Big business beasts are all over Scottish football. Dermot Desmond (£1.5 billion) is Celtic’s biggest shareholder, Stewart Milne (£400m) runs Aberdeen, Sir Tom Farmer (£130m) is atJohn Boyle (£120m) at Motherwell. But tellingly, most, if not all, got involved long ago. If anyone did have enough money and wanted to get involved, the sad fact is that to generate any decent income in Scotland requires constant over-achievement on and off the field, year after year, with no margin for error.
On the other side of Hadrian’s Wall however, the rewards for failure are pretty good. So Where would you put yourmoney?
Okay to reward success
I spent my recent holiday searching down the back of my sofa in the hope of finding a few pounds to help pay my gas bill, so it may seem a bit strange to stick up for people who earned between £200,000 and £600,000 last year.
Jack Perry and Lena Wilson of Scottish Enterprise (SE) or Mark Selway of Weir Group all came in for some flak for their salaries, pensions or share options. What is it about the mentality of some Scots who seek to punish success by having a go at financial rewards? By all means, have a dig when those high salaries are matched by failure, but both SE and Weir did pretty well last year.

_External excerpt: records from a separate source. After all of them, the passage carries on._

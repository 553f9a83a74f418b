-- ===== src/Hud/Copy/Commands.antt =====
-- Each command that is copied stays in the scratch buffer.
use hybrid_heaven_recomp.Prelude.{
  ℕ, ◌/◌, ◌%◌, ◌^◌, ◌≡◌, inl, inr, refl, not, Option, none, some, List, [], ◌∷◌, ◌==◌,
}
use hybrid_heaven_recomp.Hud.Gbi.{Gbi, Class, auto}
use hybrid_heaven_recomp.Hud.Identity.{list}
use hybrid_heaven_recomp.Hud.Writer.{
  Writer, physical, emit, enable, rect_begin, rect_end, group_begin, group_end,
}
use hybrid_heaven_recomp.Hud.Writer.Grows.{
  Grows, Grows-trans, emit-Grows, enable-Grows, rect_begin-Grows, rect_end-Grows, group_begin-Grows,
  group_end-Grows,
}
use hybrid_heaven_recomp.Hud.Copy.{
  Op, mtx, move_word, move_mem, dl, end_dl, tex_rect, fill_rect, set_scissor, set_fill_color,
  set_t_img, set_c_img, other, count, remember, half, next, done, fill_identity, copy_fill_rect,
  copy_tex_rect, copy_branch, copy_call, patch, copy_called, copy_dl, copy_command,
}
use hybrid_heaven_recomp.Hud.Copy.Grows.{
  count-Grows, remember-Grows, half-Grows, Proceeds, either-Proceeds, Copier, patch-Grows,
}

module _ (gbi : Gbi) (class_of : List ℕ → Class) where
  bracket-Grows :
      (cls : Class) (w0 w1 : ℕ) (s : Writer) → Grows s (emit w0 w1 (rect_begin gbi cls s))
  bracket-Grows cls w0 w1 s =
      Grows-trans s (rect_begin gbi cls s) (emit w0 w1 (rect_begin gbi cls s))
        (rect_begin-Grows gbi cls s) (emit-Grows w0 w1 (rect_begin gbi cls s))

  close-Grows : (cls : Class) (s t : Writer) → Grows s t → Grows s (count cls (rect_end gbi cls t))
  close-Grows cls s t g =
      let r = rect_end gbi cls t in
      Grows-trans s t (count cls r) g
        (Grows-trans t r (count cls r) (rect_end-Grows gbi cls t) (count-Grows cls r))

  copy_fill_rect-Grows : (w0 w1 : ℕ) (s : Writer) → Grows s (copy_fill_rect gbi class_of w0 w1 s)
  unfolding copy_fill_rect
  copy_fill_rect-Grows w0 w1 s =
      let cls : Class = elim (fill_identity w0 w1 s) [ [] ↦ auto | c ∷ cs ↦ class_of (c ∷ cs) ] in
      close-Grows cls s (emit w0 w1 (rect_begin gbi cls s)) (bracket-Grows cls w0 w1 s)

  halves-Grows : (s : Writer) (pc : ℕ) → Grows s (half 0xF1 (half 0xE1 (s, pc))).0
  halves-Grows s pc =
      let mid = half 0xE1 (s, pc) in
      Grows-trans s mid.0 (half 0xF1 (mid.0, mid.1)).0 (half-Grows 0xE1 s pc)
        (half-Grows 0xF1 mid.0 mid.1)

  copy_tex_rect-Proceeds :
      (start w0 w1 : ℕ) (s : Writer) (pc : ℕ) (branch : Class)
      → Proceeds start s (copy_tex_rect gbi class_of w0 w1 s pc branch)
  unfolding copy_tex_rect
  copy_tex_rect-Proceeds start w0 w1 s pc branch =
      let cls = class_of s.texture_ident in
      let t = emit w0 w1 (rect_begin gbi cls s) in
      let u = (half 0xF1 (half 0xE1 (t, pc))).0 in
      close-Grows cls s u (Grows-trans s t u (bracket-Grows cls w0 w1 s) (halves-Grows t pc))

  copy_branch-Proceeds :
      (start w1 : ℕ) (s : Writer) (branch : Class)
      → Proceeds start s (copy_branch gbi class_of w1 s branch)
  unfolding copy_branch
  copy_branch-Proceeds start w1 s branch =
      let cls = class_of (list s.rdram w1 (physical s.segments w1)) in
      let t = group_end gbi branch s in
      let u = group_begin gbi cls t in
      Grows-trans s t (count cls u) (group_end-Grows gbi branch s)
        (Grows-trans t u (count cls u) (group_begin-Grows gbi cls t) (count-Grows cls u))

  copy_call-Grows :
      (cls : Class) (w0 callee : ℕ) (s : Writer) → Grows s (copy_call gbi class_of cls w0 callee s)
  unfolding copy_call
  copy_call-Grows cls w0 callee s =
      let t = group_begin gbi cls s in
      let u = emit w0 callee t in
      let v = enable gbi u in
      let w = group_end gbi cls v in
      Grows-trans s t (count cls w) (group_begin-Grows gbi cls s) (
        Grows-trans t u (count cls w) (emit-Grows w0 callee t) (
          Grows-trans u v (count cls w) (enable-Grows gbi u)
            (Grows-trans v w (count cls w) (group_end-Grows gbi cls v) (count-Grows cls w))))

  copy_called-Proceeds :
      (start : ℕ) (cls : Class) (w0 : ℕ) (s : Writer) (r : Writer × ℕ) (pc : ℕ) (branch : Class)
      → Grows (emit 0 0 s) r.0
      → Proceeds start s (copy_called gbi class_of s.used cls w0 r pc branch)
  unfolding copy_called
  copy_called-Proceeds start cls w0 s (t, copied) pc branch g =
      either-Proceeds start s t.overflow (done t 0)
        (next (copy_call gbi class_of cls w0 copied (patch s.used t)) pc branch)
        (λ e f. (Grows-trans s (emit 0 0 s) t (emit-Grows 0 0 s) g, inl (e, refl)))
        (λ e.
          Grows-trans s (patch s.used t) (copy_call gbi class_of cls w0 copied (patch s.used t))
            (patch-Grows s t g e) (copy_call-Grows cls w0 copied (patch s.used t)))

  after_emit :
      (copy : Writer → ℕ → Writer × ℕ) (s : Writer) (address : ℕ)
      → Copier copy
      → Grows (emit 0 0 s) (copy (emit 0 0 s) address).0
  after_emit copy s address c f = (c (emit 0 0 s) address f).0 f

  copy_dl-Proceeds :
      (callee : Option (Writer → ℕ → Writer × ℕ)) (start w0 w1 : ℕ) (s : Writer) (pc : ℕ)
      (branch : Class)
      → ((copy : Writer → ℕ → Writer × ℕ) → callee ≡ some copy → Copier copy)
      → Proceeds start s (copy_dl gbi class_of callee w0 w1 s pc branch)
  unfolding copy_dl
  copy_dl-Proceeds none start w0 w1 s pc branch c =
      either-Proceeds start s (not (w0 / 2 ^ 16 % 256 == 0)) (copy_branch gbi class_of w1 s branch)
        (next (copy_call gbi class_of auto w0 w1 s) pc branch)
        (λ e. copy_branch-Proceeds start w1 s branch) (λ e. copy_call-Grows auto w0 w1 s)
  copy_dl-Proceeds (some copy) start w0 w1 s pc branch c =
      let cls = class_of (list s.rdram w1 (physical s.segments w1)) in
      let r = copy (emit 0 0 s) w1 in
      either-Proceeds start s (not (w0 / 2 ^ 16 % 256 == 0)) (copy_branch gbi class_of w1 s branch)
        (copy_called gbi class_of s.used cls w0 r pc branch)
        (λ e. copy_branch-Proceeds start w1 s branch)
        (λ e. copy_called-Proceeds start cls w0 s r pc branch (after_emit copy s w1 (c copy refl)))

  plain-Grows : (op : Op) (w0 w1 : ℕ) (s : Writer) → Grows s (emit w0 w1 (remember op w0 w1 s))
  plain-Grows op w0 w1 s =
      let t = remember op w0 w1 s in
      Grows-trans s t (emit w0 w1 t) (remember-Grows op w0 w1 s) (emit-Grows w0 w1 t)

  pub copy_command-Proceeds :
      (callee : Option (Writer → ℕ → Writer × ℕ)) (start : ℕ) (op : Op) (w0 w1 : ℕ) (s : Writer)
      (pc : ℕ) (branch : Class)
      → ((copy : Writer → ℕ → Writer × ℕ) → callee ≡ some copy → Copier copy)
      → Proceeds start s (copy_command gbi class_of callee start op w0 w1 s pc branch)
  unfolding copy_command
  copy_command-Proceeds callee start end_dl w0 w1 s pc branch c =
      let t = group_end gbi branch s in
      λ f. (
        Grows-trans s t (emit w0 w1 t) (group_end-Grows gbi branch s) (emit-Grows w0 w1 t),
        inr refl,
      )
  copy_command-Proceeds callee start dl w0 w1 s pc branch c =
      copy_dl-Proceeds callee start w0 w1 s pc branch c
  copy_command-Proceeds callee start fill_rect w0 w1 s pc branch c = copy_fill_rect-Grows w0 w1 s
  copy_command-Proceeds callee start tex_rect w0 w1 s pc branch c =
      copy_tex_rect-Proceeds start w0 w1 s pc branch
  copy_command-Proceeds callee start mtx w0 w1 s pc branch c = plain-Grows mtx w0 w1 s
  copy_command-Proceeds callee start move_word w0 w1 s pc branch c = plain-Grows move_word w0 w1 s
  copy_command-Proceeds callee start move_mem w0 w1 s pc branch c = plain-Grows move_mem w0 w1 s
  copy_command-Proceeds callee start set_scissor w0 w1 s pc branch c =
      plain-Grows set_scissor w0 w1 s
  copy_command-Proceeds callee start set_fill_color w0 w1 s pc branch c =
      plain-Grows set_fill_color w0 w1 s
  copy_command-Proceeds callee start set_t_img w0 w1 s pc branch c = plain-Grows set_t_img w0 w1 s
  copy_command-Proceeds callee start set_c_img w0 w1 s pc branch c = plain-Grows set_c_img w0 w1 s
  copy_command-Proceeds callee start other w0 w1 s pc branch c = plain-Grows other w0 w1 s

For Perry and Wilson, it was their pension pot that came in for criticism, but it was unfair to single them out. The issue is much wider and the government has dodged it for fear of upsetting a big bunch of voters.

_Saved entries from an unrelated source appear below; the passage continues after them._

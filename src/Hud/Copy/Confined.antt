-- ===== src/Hud/Copy/Confined.antt =====
-- `copy_list`: its effects are confined to the scratch buffer at every depth, and its result.
use hybrid_heaven_recomp.Prelude.{
  ℕ, zero, suc, ◌+◌, ◌/◌, ◌^◌, ◌≡◌, inl, refl, Bool, true, false, ◌||◌, Option, none, some, List,
  arith, leb,
}
use hybrid_heaven_recomp.Hud.Memory.{read_word}
use hybrid_heaven_recomp.Hud.Gbi.{Gbi, Class, auto}
use hybrid_heaven_recomp.Hud.Writer.{Writer, physical, enable}
use hybrid_heaven_recomp.Hud.Writer.Grows.{Fits, Grows, Extends-Fits, Grows-trans, enable-Grows}
use hybrid_heaven_recomp.Hud.Copy.{
  Outcome, next, done, op_of, give_up, copy_command, round, copy_from, copy_body, copy_list,
}
use hybrid_heaven_recomp.Hud.Copy.Grows.{Ends, Proceeds, Copier}
use hybrid_heaven_recomp.Hud.Copy.Commands.{copy_command-Proceeds}

-- The copy of what follows a state that grew.
Ends-after :
    (start : ℕ) (s t : Writer) (r : Writer × ℕ)
    → Grows s t
    → (Fits t → Ends start t r)
    → Fits s
    → Ends start s r
Ends-after start s t r g e f =
    let x = g f in
    let (h, result) = e (Extends-Fits s t f x) in (Grows-trans s t r.0 g h, rw⁻¹ x.same_base result)

give_up-Ends : (start : ℕ) (s : Writer) → Ends start s (give_up s, 0)
unfolding give_up
give_up-Ends start s = (
  λ f. record {
    same_base = refl;
    same_size = refl;
    low = omega arith;
    high = f.room;
    outside = λ a h. refl;
    sticky = λ h. refl;
  },
  inl (refl, refl),
)

continued :
    (start : ℕ) (s : Writer) (o : Outcome) (k : Writer → ℕ → Class → Writer × ℕ)
    → Fits s
    → Proceeds start s o
    → ((t : Writer) (pc : ℕ) (branch : Class) → Fits t → Ends start t (k t pc branch))
    → Ends start s (elim o [ next t pc branch ↦ k t pc branch | done t result ↦ (t, result) ])
continued start s (next t pc branch) k f g h =
    Ends-after start s t (k t pc branch) g (h t pc branch) f
continued start s (done t result) k f e h = e f

module _ (gbi : Gbi) (class_of : List ℕ → Class) where
  Allowed : Option (Writer → ℕ → Writer × ℕ) → Type 0
  Allowed callee = (copy : Writer → ℕ → Writer × ℕ) → callee ≡ some copy → Copier copy

  round-Proceeds :
      (callee : Option (Writer → ℕ → Writer × ℕ)) (start : ℕ) (s : Writer) (pc : ℕ) (branch : Class)
      → Allowed callee
      → Proceeds start s (round gbi class_of callee start s pc branch)
  unfolding round Allowed
  round-Proceeds callee start s pc branch c = go (s.overflow || leb 0x80_0000 pc)
    where
      w0 : ℕ
      w0 = read_word s.rdram pc

      w1 : ℕ
      w1 = read_word s.rdram (pc + 4)

      go :
          (b : Bool)
          → Proceeds start s (elim b [
            | true ↦ done (give_up s) 0
            | false ↦
                copy_command gbi class_of callee start (op_of (w0 / 2 ^ 24)) w0 w1 s (pc + 8) branch
          ])
      go true = λ f. give_up-Ends start s
      go false =
          copy_command-Proceeds gbi class_of callee start (op_of (w0 / 2 ^ 24)) w0 w1 s (pc + 8)
            branch c

  copy_from-Ends :
      (callee : Option (Writer → ℕ → Writer × ℕ)) (start guard : ℕ) (s : Writer) (pc : ℕ)
      (branch : Class)
      → Allowed callee
      → Fits s
      → Ends start s (copy_from gbi class_of callee start guard s pc branch)
  unfolding copy_from
  copy_from-Ends callee start zero s pc branch c f = give_up-Ends start s
  copy_from-Ends callee start (suc guard) s pc branch c f =
      continued start s (round gbi class_of callee start s pc branch)
        (λ t pc' branch'. copy_from gbi class_of callee start guard t pc' branch') f
        (round-Proceeds callee start s pc branch c)
        (λ t pc' branch'. copy_from-Ends callee start guard t pc' branch' c)

  copy_body-Copier :
      (callee : Option (Writer → ℕ → Writer × ℕ))
      → Allowed callee
      → Copier (copy_body gbi class_of callee)
  unfolding copy_body
  copy_body-Copier callee c s address f =
      let t = enable gbi s in
      let pc = physical t.segments address in
      Ends-after s.used s t (copy_from gbi class_of callee s.used 40000 t pc auto)
        (enable-Grows gbi s) (copy_from-Ends callee s.used 40000 t pc auto c) f

  -- For any display list and any nesting, from a state whose use fits its buffer: the copy's bytes
  -- stay in the buffer, from what was used before it; no other word of RDRAM changes; and the result is
  -- the KSEG0 address of the copy, or 0 with the overflow noted.
  pub copy_list-Copier : (left : ℕ) → Copier (copy_list gbi class_of left)
  unfolding copy_list Allowed
  copy_list-Copier zero s address f = copy_body-Copier none (λ copy e. cc) s address f
  copy_list-Copier (suc left) s address f =
      copy_body-Copier (some (copy_list gbi class_of left))
        (λ copy e.
          let same : copy_list gbi class_of left ≡ copy = cc in rw⁻¹ same (copy_list-Copier left))
        s address f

Selway is interviewed elsewhere by my colleague James Ashton and aside from being a likeable chap, by any measure he has done remarkably well at Weir. His one blot was the poor handling of the sale of its pumps division to Sulzer, but thankfully Jim McColl saved the day on that one.
Weir’s profits are up, it is acquisitive and knocking on the door of the FTSE-100. Locking in the man who led the company to that position for a further three years is pretty sensible in my view.
And so what if he trousers £3m. By 2011, it will barely be enough to pay half his gas bill. Now if you’ll excuse me, I’ve got a couple of promising armchairs to search.